What you have to do: Across the records, count every line that includes "done" and give the number by itself.

Exercise material:

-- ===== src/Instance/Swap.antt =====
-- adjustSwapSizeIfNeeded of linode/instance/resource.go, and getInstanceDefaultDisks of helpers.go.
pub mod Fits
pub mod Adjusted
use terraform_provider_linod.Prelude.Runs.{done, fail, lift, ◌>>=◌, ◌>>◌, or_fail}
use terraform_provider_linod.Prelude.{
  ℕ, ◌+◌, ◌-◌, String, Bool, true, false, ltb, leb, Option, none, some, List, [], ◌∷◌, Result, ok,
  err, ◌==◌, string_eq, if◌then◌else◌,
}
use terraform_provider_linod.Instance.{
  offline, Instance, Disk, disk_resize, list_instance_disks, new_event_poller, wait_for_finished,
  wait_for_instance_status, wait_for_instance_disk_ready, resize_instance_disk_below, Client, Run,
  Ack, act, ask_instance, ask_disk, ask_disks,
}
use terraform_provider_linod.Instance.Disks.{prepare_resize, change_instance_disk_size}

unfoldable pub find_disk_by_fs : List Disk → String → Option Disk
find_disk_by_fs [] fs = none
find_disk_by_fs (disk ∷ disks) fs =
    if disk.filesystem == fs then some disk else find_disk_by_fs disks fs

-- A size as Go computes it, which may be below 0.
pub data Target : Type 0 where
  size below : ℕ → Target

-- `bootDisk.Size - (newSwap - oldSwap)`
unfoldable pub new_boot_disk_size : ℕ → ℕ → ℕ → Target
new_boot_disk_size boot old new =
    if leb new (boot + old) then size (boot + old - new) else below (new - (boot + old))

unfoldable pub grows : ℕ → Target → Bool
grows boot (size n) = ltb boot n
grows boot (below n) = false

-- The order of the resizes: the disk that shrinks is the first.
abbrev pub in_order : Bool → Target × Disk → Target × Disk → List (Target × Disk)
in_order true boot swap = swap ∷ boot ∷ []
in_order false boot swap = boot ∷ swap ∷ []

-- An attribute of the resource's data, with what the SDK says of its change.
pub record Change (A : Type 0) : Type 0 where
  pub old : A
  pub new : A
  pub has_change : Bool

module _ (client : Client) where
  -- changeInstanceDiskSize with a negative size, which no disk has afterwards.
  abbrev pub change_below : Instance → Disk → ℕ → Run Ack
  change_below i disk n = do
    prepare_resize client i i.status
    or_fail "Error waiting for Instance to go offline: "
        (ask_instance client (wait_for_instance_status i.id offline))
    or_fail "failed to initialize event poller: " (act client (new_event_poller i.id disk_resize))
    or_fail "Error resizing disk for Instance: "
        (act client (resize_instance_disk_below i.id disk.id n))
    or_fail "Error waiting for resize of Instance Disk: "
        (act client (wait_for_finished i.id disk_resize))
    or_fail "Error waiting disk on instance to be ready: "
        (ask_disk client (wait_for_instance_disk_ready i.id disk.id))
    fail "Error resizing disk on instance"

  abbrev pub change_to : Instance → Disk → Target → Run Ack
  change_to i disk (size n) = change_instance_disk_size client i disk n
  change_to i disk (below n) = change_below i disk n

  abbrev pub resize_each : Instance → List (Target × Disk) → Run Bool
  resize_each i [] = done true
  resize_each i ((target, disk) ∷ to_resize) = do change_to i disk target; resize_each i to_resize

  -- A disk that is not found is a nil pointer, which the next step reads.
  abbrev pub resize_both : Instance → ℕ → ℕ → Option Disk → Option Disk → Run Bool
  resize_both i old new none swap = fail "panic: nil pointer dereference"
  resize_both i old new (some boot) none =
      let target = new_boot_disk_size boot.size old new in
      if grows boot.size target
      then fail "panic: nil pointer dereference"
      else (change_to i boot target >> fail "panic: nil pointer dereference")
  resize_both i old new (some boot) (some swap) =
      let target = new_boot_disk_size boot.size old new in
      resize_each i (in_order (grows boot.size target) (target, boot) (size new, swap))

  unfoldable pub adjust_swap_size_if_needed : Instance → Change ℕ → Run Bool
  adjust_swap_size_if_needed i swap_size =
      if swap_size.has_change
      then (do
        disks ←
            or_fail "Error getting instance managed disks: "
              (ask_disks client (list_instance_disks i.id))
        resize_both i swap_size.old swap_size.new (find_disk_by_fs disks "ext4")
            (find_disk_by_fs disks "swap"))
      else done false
...
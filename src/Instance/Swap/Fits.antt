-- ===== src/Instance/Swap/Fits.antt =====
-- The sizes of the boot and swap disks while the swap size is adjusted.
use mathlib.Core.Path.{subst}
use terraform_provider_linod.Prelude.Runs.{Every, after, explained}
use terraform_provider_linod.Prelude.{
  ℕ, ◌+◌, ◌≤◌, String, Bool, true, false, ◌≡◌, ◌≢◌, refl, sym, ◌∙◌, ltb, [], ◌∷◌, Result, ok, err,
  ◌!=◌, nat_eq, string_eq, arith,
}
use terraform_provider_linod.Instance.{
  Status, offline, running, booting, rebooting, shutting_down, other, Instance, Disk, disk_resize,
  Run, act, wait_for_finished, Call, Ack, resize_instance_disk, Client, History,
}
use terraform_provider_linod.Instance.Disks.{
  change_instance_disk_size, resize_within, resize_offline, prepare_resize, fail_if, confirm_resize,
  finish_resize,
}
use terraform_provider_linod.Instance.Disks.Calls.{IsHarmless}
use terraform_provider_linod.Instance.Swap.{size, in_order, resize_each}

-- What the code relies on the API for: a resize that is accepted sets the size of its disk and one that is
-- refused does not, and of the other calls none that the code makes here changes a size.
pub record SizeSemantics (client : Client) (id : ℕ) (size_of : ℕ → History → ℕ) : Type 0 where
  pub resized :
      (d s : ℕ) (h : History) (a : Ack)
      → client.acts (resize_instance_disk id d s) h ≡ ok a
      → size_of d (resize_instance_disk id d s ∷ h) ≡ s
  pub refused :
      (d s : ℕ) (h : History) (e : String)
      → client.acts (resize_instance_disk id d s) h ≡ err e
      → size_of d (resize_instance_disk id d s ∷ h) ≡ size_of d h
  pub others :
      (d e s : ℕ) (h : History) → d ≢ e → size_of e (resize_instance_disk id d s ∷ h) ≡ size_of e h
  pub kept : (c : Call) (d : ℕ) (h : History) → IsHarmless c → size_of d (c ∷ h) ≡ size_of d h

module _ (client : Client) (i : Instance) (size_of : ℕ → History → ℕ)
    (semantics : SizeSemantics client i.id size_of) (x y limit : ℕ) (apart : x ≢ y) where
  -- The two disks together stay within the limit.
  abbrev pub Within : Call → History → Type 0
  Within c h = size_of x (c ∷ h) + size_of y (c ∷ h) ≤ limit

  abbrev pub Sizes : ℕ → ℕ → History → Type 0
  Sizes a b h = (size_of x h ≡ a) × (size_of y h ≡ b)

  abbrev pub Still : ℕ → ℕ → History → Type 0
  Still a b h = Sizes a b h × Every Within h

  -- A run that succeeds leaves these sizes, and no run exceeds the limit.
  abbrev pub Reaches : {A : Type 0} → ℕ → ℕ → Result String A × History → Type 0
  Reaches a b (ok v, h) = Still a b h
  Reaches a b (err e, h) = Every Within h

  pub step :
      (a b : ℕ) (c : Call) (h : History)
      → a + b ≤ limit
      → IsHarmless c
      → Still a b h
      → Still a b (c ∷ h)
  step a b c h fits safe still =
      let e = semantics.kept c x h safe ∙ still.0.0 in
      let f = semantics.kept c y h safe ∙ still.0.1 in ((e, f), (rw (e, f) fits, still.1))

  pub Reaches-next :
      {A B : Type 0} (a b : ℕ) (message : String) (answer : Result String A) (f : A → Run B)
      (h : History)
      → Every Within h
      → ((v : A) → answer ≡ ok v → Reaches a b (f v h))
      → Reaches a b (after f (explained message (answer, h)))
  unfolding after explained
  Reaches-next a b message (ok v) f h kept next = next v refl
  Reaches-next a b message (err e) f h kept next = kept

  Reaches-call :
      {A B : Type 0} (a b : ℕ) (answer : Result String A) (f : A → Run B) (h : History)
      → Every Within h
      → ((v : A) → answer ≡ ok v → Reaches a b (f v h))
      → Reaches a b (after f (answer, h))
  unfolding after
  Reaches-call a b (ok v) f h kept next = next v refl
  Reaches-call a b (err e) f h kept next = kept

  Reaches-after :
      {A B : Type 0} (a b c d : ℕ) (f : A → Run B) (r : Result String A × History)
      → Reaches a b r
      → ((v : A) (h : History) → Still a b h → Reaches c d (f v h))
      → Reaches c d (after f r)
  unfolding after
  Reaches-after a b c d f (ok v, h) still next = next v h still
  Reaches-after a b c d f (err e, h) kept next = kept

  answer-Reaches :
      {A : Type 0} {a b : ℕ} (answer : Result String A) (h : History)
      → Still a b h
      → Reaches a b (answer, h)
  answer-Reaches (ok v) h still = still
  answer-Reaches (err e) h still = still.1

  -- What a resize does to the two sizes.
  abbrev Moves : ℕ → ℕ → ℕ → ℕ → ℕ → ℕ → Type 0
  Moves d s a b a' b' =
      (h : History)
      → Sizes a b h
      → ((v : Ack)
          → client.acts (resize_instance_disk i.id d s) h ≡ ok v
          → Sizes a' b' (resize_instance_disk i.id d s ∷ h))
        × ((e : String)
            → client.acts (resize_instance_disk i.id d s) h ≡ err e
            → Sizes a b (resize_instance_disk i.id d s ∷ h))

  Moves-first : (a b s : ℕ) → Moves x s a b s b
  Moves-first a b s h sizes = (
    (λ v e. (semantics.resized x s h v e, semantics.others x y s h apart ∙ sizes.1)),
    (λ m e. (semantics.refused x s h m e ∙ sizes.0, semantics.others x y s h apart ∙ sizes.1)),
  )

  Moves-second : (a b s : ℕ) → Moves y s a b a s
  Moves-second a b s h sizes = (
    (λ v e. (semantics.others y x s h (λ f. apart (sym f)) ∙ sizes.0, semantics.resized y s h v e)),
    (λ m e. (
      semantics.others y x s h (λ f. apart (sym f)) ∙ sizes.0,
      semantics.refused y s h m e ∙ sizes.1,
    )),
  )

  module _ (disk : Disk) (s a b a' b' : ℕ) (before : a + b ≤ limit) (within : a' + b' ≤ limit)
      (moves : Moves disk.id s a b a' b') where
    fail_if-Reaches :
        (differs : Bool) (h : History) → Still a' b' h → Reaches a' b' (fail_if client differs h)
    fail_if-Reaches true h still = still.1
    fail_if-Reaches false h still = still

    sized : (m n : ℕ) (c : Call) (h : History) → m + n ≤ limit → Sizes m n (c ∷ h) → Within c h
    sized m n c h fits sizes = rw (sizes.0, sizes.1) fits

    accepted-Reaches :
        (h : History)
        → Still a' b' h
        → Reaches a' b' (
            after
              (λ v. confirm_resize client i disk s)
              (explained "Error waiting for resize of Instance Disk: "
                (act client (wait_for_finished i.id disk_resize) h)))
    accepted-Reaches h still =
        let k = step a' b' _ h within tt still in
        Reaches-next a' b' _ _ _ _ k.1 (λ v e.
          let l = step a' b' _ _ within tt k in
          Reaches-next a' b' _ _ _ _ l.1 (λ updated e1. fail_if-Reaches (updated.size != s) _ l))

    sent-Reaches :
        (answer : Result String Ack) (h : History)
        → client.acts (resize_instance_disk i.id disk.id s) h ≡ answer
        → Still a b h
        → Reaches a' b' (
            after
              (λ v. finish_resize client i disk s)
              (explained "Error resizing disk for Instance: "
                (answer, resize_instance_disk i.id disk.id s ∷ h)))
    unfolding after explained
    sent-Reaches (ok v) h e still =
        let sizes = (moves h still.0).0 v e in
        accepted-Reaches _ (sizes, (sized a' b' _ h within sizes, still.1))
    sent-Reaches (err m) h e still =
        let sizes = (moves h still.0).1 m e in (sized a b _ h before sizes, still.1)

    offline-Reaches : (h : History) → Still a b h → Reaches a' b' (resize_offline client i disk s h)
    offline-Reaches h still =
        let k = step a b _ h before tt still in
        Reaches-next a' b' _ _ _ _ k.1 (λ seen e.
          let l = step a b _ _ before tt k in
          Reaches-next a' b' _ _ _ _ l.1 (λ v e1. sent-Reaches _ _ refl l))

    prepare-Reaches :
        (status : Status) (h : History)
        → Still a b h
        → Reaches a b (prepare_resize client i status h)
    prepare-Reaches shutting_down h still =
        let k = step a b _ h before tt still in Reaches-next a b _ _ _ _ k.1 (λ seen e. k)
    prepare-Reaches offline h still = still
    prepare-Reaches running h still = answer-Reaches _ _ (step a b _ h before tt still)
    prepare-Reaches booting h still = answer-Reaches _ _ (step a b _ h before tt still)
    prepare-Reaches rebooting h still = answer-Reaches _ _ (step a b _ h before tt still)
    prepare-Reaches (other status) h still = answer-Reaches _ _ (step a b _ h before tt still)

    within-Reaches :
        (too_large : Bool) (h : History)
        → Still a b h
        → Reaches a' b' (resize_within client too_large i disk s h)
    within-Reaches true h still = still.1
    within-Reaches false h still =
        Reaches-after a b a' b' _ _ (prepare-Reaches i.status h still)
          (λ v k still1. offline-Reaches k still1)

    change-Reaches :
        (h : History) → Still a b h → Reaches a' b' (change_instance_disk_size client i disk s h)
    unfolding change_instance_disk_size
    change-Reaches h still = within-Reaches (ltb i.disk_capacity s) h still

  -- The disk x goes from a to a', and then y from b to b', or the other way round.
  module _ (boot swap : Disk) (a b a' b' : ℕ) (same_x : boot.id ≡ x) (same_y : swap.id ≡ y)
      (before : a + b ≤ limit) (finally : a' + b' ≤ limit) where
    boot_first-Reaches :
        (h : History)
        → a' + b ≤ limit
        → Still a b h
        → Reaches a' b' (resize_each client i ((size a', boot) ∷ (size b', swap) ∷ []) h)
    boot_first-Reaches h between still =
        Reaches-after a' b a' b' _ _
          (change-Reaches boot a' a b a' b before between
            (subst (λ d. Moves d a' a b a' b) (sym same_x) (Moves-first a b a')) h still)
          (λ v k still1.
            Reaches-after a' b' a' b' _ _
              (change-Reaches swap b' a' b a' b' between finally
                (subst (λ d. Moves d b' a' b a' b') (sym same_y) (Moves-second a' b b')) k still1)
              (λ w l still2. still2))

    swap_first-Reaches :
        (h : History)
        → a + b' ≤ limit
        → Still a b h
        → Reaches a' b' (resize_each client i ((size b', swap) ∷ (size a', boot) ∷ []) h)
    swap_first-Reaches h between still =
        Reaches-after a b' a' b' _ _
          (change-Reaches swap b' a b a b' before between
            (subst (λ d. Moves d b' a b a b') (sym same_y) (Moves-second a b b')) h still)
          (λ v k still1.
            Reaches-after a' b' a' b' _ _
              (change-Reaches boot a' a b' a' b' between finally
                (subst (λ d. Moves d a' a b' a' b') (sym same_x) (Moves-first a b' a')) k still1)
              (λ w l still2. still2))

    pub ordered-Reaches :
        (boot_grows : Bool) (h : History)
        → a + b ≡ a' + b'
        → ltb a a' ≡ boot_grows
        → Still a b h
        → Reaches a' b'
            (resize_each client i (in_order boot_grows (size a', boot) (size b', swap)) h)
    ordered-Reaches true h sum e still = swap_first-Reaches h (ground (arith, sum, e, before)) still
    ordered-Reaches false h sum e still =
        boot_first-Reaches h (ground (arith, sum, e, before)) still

Task output: 3